# Even Dimensions wasn't around this long ago ....



## Tad (Sep 15, 2016)

https://ca.news.yahoo.com/8-000-old-female-figurine-165845474.html

Take a look at that one. While some of the other prehistoric figurines have been argued to show pregnant women, the hanging belly, swollen thighs, and outright cankles of this one really do show a very fat woman, IMO.

So maybe my tastes are just primitive, but I like to think of them as classical!


----------



## Dr. Feelgood (Sep 15, 2016)

Tad said:


> So maybe my tastes are just primitive, but I like to think of them as classical!

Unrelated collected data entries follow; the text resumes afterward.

-- ===== src/Distributed/L1Manager/Write.antt =====
-- `reserve_write` and `finish_write` of L1Manager.
use serverless_lmcache.Common.{
  ℕ, Bool, false, true, not, if◌then◌else◌, Option, none, some, List, [], ◌∷◌, ◌++◌, for_each,
  length, zip,
}
use serverless_lmcache.Common.Dict.{Dict, get}
use serverless_lmcache.Distributed.Error.{
  L1Error, success, key_not_exist, key_not_writable, key_in_wrong_state, out_of_memory,
}
use serverless_lmcache.Distributed.TtlLock
use serverless_lmcache.Distributed.TtlLock.{is_locked, lock, unlock}
use serverless_lmcache.Distributed.MemoryManager.{Allocator, allocate, free}
use serverless_lmcache.Distributed.L1Manager.{
  available_for_write, L1Manager, Listener, keys_reserved_write, keys_write_finished, Loop,
  L1OperationResult, start, refuse, accept, notify_all,
}

-- The reservation modes "new", "update" and "all".
pub data Mode : Type 0 where
  new update all : Mode

abbrev pub is_new : Mode → Bool
is_new new = true
is_new _ = false

module _ {K M : Type 0} (dec : Discrete K) (now : ℕ) where
  -- The first loop of `reserve_write`: existing objects are locked, missing ones are noted.
  unfoldable pub reserve_write_key :
      Mode → K × Bool → Loop K M (L1OperationResult M) → Loop K M (L1OperationResult M)
  reserve_write_key mode (key, is_temp) s = elim (get dec key s.objects) [
    | none ↦ record s { need_to_allocate = s.need_to_allocate ++ ((key, is_temp) ∷ []) }
    | some e ↦
        if is_new mode
        then refuse dec key (key_not_writable, none) s
        else if not (available_for_write now e)
        then refuse dec key (key_not_writable, none) s
        else accept dec key (record e { write_lock = lock now e.write_lock })
            (success, some e.memory_obj) s
  ]

  -- `for key, _ in need_to_allocate: ret[key] = (err, None)`
  unfoldable pub refuse_all :
      L1Error → List (K × Bool) → Loop K M (L1OperationResult M) → Loop K M (L1OperationResult M)
  refuse_all err = for_each (λ p. refuse dec p.0 (err, none))

  -- One round of the loop over the new objects.
  unfoldable pub install_key :
      ℕ → ℕ → (K × Bool) × M → Loop K M (L1OperationResult M) → Loop K M (L1OperationResult M)
  install_key write_ttl read_ttl (p, mem_obj) =
      accept dec p.0
        (record {
          memory_obj = mem_obj;
          write_lock = lock now (TtlLock.new write_ttl);
          read_lock = TtlLock.new read_ttl;
          is_temporary = p.1;
        })
        (success, some mem_obj)

  unfoldable pub finish_write_key : K → Loop K M L1Error → Loop K M L1Error
  finish_write_key key s = elim (get dec key s.objects) [
    | none ↦ refuse dec key key_not_exist s
    | some e ↦
        if not (is_locked now e.write_lock)
        then refuse dec key key_in_wrong_state s
        else if is_locked now e.read_lock
        then refuse dec key key_in_wrong_state s
        else accept dec key (record e { write_lock = unlock e.write_lock }) success s
  ]

module _ {K : Type 0} (dec : Discrete K) (a : Allocator) (lis : Listener K) (now : ℕ) where
  -- `if allocated_objs: self._memory_manager.free(allocated_objs)`
  unfoldable pub free_partial : List a.MemoryObj → a.Heap → Option a.Heap
  free_partial [] h = some h
  free_partial (o ∷ os) h = free a (o ∷ os) h

  -- What follows the allocation, up to the calls of the listeners.
  unfoldable pub install :
      L1Manager K a.MemoryObj a.Heap lis.State
      → Loop K a.MemoryObj (L1OperationResult a.MemoryObj)
      → L1Error × List a.MemoryObj × a.Heap
      → Option (Loop K a.MemoryObj (L1OperationResult a.MemoryObj) × a.Heap)
  install m s (success, allocated_objs, h) = some (
    for_each (install_key dec now m.write_ttl_seconds m.read_ttl_seconds)
        (zip s.need_to_allocate allocated_objs) s,
    h,
  )
  install m s (err, allocated_objs, h) = elim (free_partial allocated_objs h) [
    | none ↦ none
    | some h' ↦ some (refuse_all dec now out_of_memory s.need_to_allocate s, h')
  ]

  -- The part after the early returns.
  unfoldable pub reserve_new :
      a.Layout
      → L1Manager K a.MemoryObj a.Heap lis.State
      → Loop K a.MemoryObj (L1OperationResult a.MemoryObj)
      → Option (L1Manager K a.MemoryObj a.Heap lis.State × Dict K (L1OperationResult a.MemoryObj))
  reserve_new layout_desc m s =
      elim (install m s (allocate a layout_desc (length s.need_to_allocate) m.heap)) [
        | none ↦ none
        | some (s', h) ↦ some (
          notify_all lis (keys_reserved_write s'.successful_keys ∷ [])
              (record m { objects = s'.objects; heap = h }),
          s'.ret,
        )
      ]

  -- The early returns: nothing to allocate, or mode "update". The listeners are not called there.
  unfoldable pub reserve_missing :
      Mode
      → a.Layout
      → L1Manager K a.MemoryObj a.Heap lis.State
      → List (K × Bool)
      → Loop K a.MemoryObj (L1OperationResult a.MemoryObj)
      → Option (L1Manager K a.MemoryObj a.Heap lis.State × Dict K (L1OperationResult a.MemoryObj))
  reserve_missing mode layout_desc m [] s = some (record m { objects = s.objects }, s.ret)
  reserve_missing update layout_desc m (p ∷ ps) s =
      some (record m { objects = s.objects }, (refuse_all dec now key_not_writable (p ∷ ps) s).ret)
  reserve_missing mode layout_desc m (p ∷ ps) s = reserve_new layout_desc m s

  unfoldable pub reserve_write :
      List K
      → List Bool
      → a.Layout
      → Mode
      → L1Manager K a.MemoryObj a.Heap lis.State
      → Option (L1Manager K a.MemoryObj a.Heap lis.State × Dict K (L1OperationResult a.MemoryObj))
  reserve_write ks is_temporary layout_desc mode m =
      let s = for_each (reserve_write_key dec now mode) (zip ks is_temporary) (start m.objects) in
      reserve_missing mode layout_desc m s.need_to_allocate s

  unfoldable pub finish_write :
      List K
      → L1Manager K a.MemoryObj a.Heap lis.State
      → L1Manager K a.MemoryObj a.Heap lis.State × Dict K L1Error
  finish_write ks m =
      let s = for_each (finish_write_key dec now) ks (start m.objects) in
      (
        notify_all lis (keys_write_finished s.successful_keys ∷ [])
            (record m { objects = s.objects }),
        s.ret,
      )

They're also shared by most of the Turkish gentlemen of my acquaintance.


----------



## DianaSSBBW (Sep 16, 2016)

Tad said:


> https://ca.news.yahoo.com/8-000-old-female-figurine-165845474.html
> 
> Take a look at that one. While some of the other prehistoric figurines have been argued to show pregnant women, the hanging belly, swollen thighs, and outright cankles of this one really do show a very fat woman, IMO.
> 
> So maybe my tastes are just primitive, but I like to think of them as classical!



 I had copied this link to share here on DIM. 
I think that I have shared before, that when I was visiting museums while living in the Netherlands, I came to the conclusion that had I been born in a different era my fat would be happily accepted!


----------



## agouderia (Sep 16, 2016)

Tad said:


> https://ca.news.yahoo.com/8-000-old-female-figurine-165845474.html
> 
> Take a look at that one. While some of the other prehistoric figurines have been argued to show pregnant women, the hanging belly, swollen thighs, and outright cankles of this one really do show a very fat woman, IMO.
> 
> So maybe my tastes are just primitive, but I like to think of them as classical!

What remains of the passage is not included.